Oracle SQL REGEXP_REPLACE - 除指定字符串外的所有内容

Question

I am having an issue with something that I thought would have been simple, but can't for the life of me get it sorted out. I'm trying to replace everything except a specified string with a blank space.

I am able to remove the string (see below), but am unable to 'inverse' the operation.

with text as (
select 'Cat dog sheep /* 67 = 123 + monkey12 abcd and then a fish B1234.CAT_DOG_MOUSE and half a loaf of bread /* ON INNER JOIN B3456.BIRD_SHOE 11' as jibberish)
    
select regexp_replace(jibberish, '(B)[[:digit:]]{4}[.][[:alnum:]_]+', ' ') as new_text from text;

'Cat dog sheep /* 67 = 123 + monkey12 abcd and then a fish   and half a loaf of bread /* ON INNER JOIN   11'

I have tried various things, such as '[^(B)[[:digit:]]{4}[.][[:alnum:]_]+]*' and various other things that I've found on here, but none of them seem to work. Is this is a quirk of using regex within Oracle?

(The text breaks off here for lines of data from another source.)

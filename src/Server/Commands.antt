-- ===== src/Server/Commands.antt =====
-- What the commands do when the log fails, and where they are carried out.
use dist_cache.Prelude.{◌≡◌, ◌≤◌, ◌<◌, refl, Bool, false, ◌++◌, Option, none, some, arith, if_pos}
use dist_cache.Text.{Text, codes}
use dist_cache.Cache.Invariant.{IsValid}
use dist_cache.Cache.Order.{get-set}
use dist_cache.Cache
use dist_cache.Cache.{Cache, Time, expiry}
use dist_cache.Wal.{Wal}
use dist_cache.Wal.Replay.{append_throws}
use dist_cache.Ring.{RingMap, get_node}
use dist_cache.Server.{Server, Command, Outcome, process_command, default_ttl}

-- The cache is changed before the log is written. Where the log is shut and cannot be opened, SET
-- answers with an error and logs nothing, and the value is in the cache all the same: a GET
-- returns it up to its time of expiry. The cache was valid and has room for an entry.
pub process_set_unlogged :
    (s : Server) (c : Command) (t later : Time)
    → IsValid s.cache
    → 0 < s.cache.capacity
    → c.cmd ≡ codes "SET"
    → s.wal.is_open ≡ false
    → c.can_open ≡ false
    → t ≤ expiry default_ttl c.now
    → (s' : Server) × (o : Outcome) × (process_command s c ≡ some (s', o))
      × (o.success ≡ false)
      × (s'.wal ≡ s.wal)
      × ((Cache.get s'.cache c.key t later).1 ≡ some c.value)
unfolding process_command
process_set_unlogged s c t later valid room e shut stuck fresh =
    let (cache, set, read) =
      get-set s.cache c.key c.value default_ttl c.now t later valid room fresh in
    let what = codes "Failed to open WAL file: " ++ s.wal.filename in
    (
      record s { cache = cache },
      record {
        success = false;
        response = codes "ERR " ++ what;
        target_node = get_node s.ring c.key;
      },
      rw (if_pos _ e, set, stuck, append_throws s.wal (codes "SET") c.key c.value shut) refl,
      refl,
      refl,
      read,
    )

-- The server with another ring.
abbrev pub on_ring : RingMap → Server → Server
on_ring ring s = record s { ring = ring }

abbrev pub seen_of : Option (Server × Outcome) → Option (Cache × Wal × Bool × Text)
seen_of none = none
seen_of (some (s, o)) = some (s.cache, s.wal, o.success, o.response)

-- The ring only names a node: whatever the ring is, the command is carried out here, with the same
-- cache, the same log and the same reply.
pub process_command_local :
    (s : Server) (ring : RingMap) (c : Command)
    → seen_of (process_command (on_ring ring s) c) ≡ seen_of (process_command s c)
unfolding process_command
process_command_local s ring c = ground arith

Just to clarify, after running the code I would be wanting something that looked like this:

'              B1234.CAT_DOG_MOUSE                 B3456.BIRD_SHOE       '

Any help would be hugely appreciated.

Thanks!

Answer 1

You can use

regexp_replace(jibberish, '(B\d{4}\.\w+)?.', '\1 ')

See the regex demo .

Details

• (B\d{4}\.\w+)? - an optional group matching B , then four digits, a dot and then one or more word chars
• . - any one char.

The replacement is \1 , the backreference to the value captured by the capturing group.

If there can be consecutive matches , add one more REGEXP_REPLACE call to append a space right after your expected matches as a workaround:

regexp_replace(regexp_replace(jibberish, '(B\d{4}\.\w+)', '\1 '), '(B\d{4}\.\w+)?.', '\1 ')

This might add a couple extract spaces, though, but all consecutive matches will be found.